En somme, je n’exclue pas cette idée.
roro1
bonjour
je suis un peu hors-sujet mais ça me parait être le meilleur endroit pour poser ma question.
Lors de la conception du rafale, les américains nous ont proposé de travailler avec eux sur une version à aile delta du f18 et d’abandonner le programme rafale. A l’époque j’étais tombé sur un article à ce sujet mais je n’ai plus sa référence. Quelqu’un est au courant de cette proposition américaine et sait où je peux la retrouver sur le net ?
Yves PAGOT
Pas à ma connaissance, navré. J’essaierai de me renseigner.
Rémi
Super Hornet plus ?
https://books.google.fr/books?id=cPs6DAAAQBAJ&pg=PA163&lpg=PA163&dq=super+hornet+plus&source=bl&ots=7eEAcB_Q8s&sig=zQf6GIt7W5HEsJEJ3d74wyNaQiY&hl=fr&sa=X&ved=0ahUKEwjzt_z8g-rTAhVKcBoKHacuA4oQ6AEIYDAM#v=onepage&q=super%20hornet%20plus&f=false
Rémi
Mais apparemment, c’était plutôt avec le consortium européen EFA qu’ils voulaient travailler.
roro1
Merci pour vos réponses.
En fait j’avais trouvé un article dans une revue (je ne sais plus laquelle) fin des années 80 ou début 90. Il y était question d’un hybride entre fuselage du f18 et la voilure du rafale. L’idée étant de profiter du savoir faire Dassaut sur les commandes de vol (si ma mémoire est bonne) et de transférer je ne sais plus quel technologie à Dassault. Le but (inavoué) était en fait, selon l’article, de proposer une solution à bas coût à la France pour développer… en fait rien ou presque et d’abandonner le programme rafale. Toutefois, visuellement l’idée était assez plaisante : un hornet à ailes delta et plan canard, c’était plutôt joli. Voila les quelques souvenirs dont je dispose. Va faloir que je revérifie si j’ai pas une vieille photocopie de l’article dans un aussi vieux carton. En cas, je vous tiens au courant.
Amicalement.
roro1
bonsoir à tous.
Pour ceux que ça intéresserait, j’ai enfin retrouvé la référence à l’article dont j’ai parlé plus haut, au sujet d’un hybride entre hornet et rafale.

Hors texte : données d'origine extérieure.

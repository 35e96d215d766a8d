-- ===== src/Hotplug/NodeSet.antt =====
-- `struct krg_node_set` and its operations, of libs/libkerrighed/libhotplug.c. The array has
-- `kerrighed_max_nodes` bytes, each 0 or 1; a node number is a C int.
pub mod Members
pub mod Iteration
pub mod Weight
pub mod Loops
use kerrighed_tools.Base.{
  ℕ, zero, suc, ◌+◌, ◌-◌, ◌≡◌, Bool, not, Option, none, some, List, ℤ, pos, negsuc, pos_part,
  minus_one, length, get_or, set, ◌==◌, if◌then◌else◌,
}
use kerrighed_tools.Base.Loops.{find_from, count_from}
use kerrighed_tools.Hotplug.{in_range, after}

pub record NodeSet : Type 0 where
  pub subclusterid : ℤ
  pub v : List ℕ

-- The test `node_set->v[bcl]` of the loops.
abbrev pub marked : NodeSet → ℕ → Bool
marked item bcl = not (get_or item.v bcl 0 == 0)

-- for (bcl...; rounds are left; bcl++) item->v[bcl] = 0;
clear_from : ℕ → ℕ → List ℕ → List ℕ
clear_from zero bcl v = v
clear_from (suc rounds) bcl v = clear_from rounds (bcl + 1) (set v bcl 0)

-- `max_nodes` is the global `kerrighed_max_nodes`, as `krg_hotplug_init` leaves it on success.
module _ (max_nodes : ℕ) where
  unfoldable pub clear : NodeSet → NodeSet
  unfolding clear_from
  clear item = record { subclusterid = pos 0; v = clear_from max_nodes 0 item.v }

  -- `item` is the struct of the first `malloc` and `block` the bytes of the second, with whatever
  -- they hold; `none` is NULL.
  unfoldable pub create : Option ℤ → Option (List ℕ) → Option NodeSet
  create none block = none
  create (some id) none = none
  create (some id) (some block) = some (clear (record { subclusterid = id; v = block }))

  unfoldable pub add : NodeSet → ℤ → NodeSet × ℤ
  add item n =
      if in_range max_nodes n
      then (record item { v = set item.v (pos_part n) 1 }, pos 0)
      else (item, minus_one)

  unfoldable pub remove : NodeSet → ℤ → NodeSet × ℤ
  remove item n =
      if in_range max_nodes n
      then (record item { v = set item.v (pos_part n) 0 }, pos 0)
      else (item, minus_one)

  unfoldable pub contains : NodeSet → ℤ → ℕ
  contains node_set n = if in_range max_nodes n then get_or node_set.v (pos_part n) 0 else 0

  unfoldable pub weight : NodeSet → ℕ
  weight node_set = count_from (marked node_set) max_nodes 0 0

  unfoldable pub next : NodeSet → ℤ → ℤ
  next node_set node = find_from (marked node_set) (max_nodes - after node) (after node)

Il s’agit de l’article “rafale D et hornet 2000” de Jean-Louis Promé, paru dans la revue bimensuelle “Aviation Magazine International”, n° 960 (15 – 30 avril 1988).
J’ai fini par remettre la main dessus dans un vieux carton ce week end.
voila… mystère résolu.
Si l’article complet intéresse quelqu’un, suffit de laisser un commentaire et je verrai à faire une copie de ma copie. par contre soyez pas pressés, je visite pas le site tous les jours… héhéhé…
amicalement.
Yves PAGOT
Merci roro. ca m’intéresse . yves@portail-aviation.com!
Lefrançois
c’est trop cher c’est ce qu’on dit quand on n’en a pas besoin alors que l’ennemi lui s’en dote sur les mig35, ce que les américains vendent avec le f35 c’est la capacité de combattre en réseaux et sur ce point par rapport à eux on est resté les mains dans les poches, ils vont avoir le monopole de l’intelligence artificielle en ce domaine.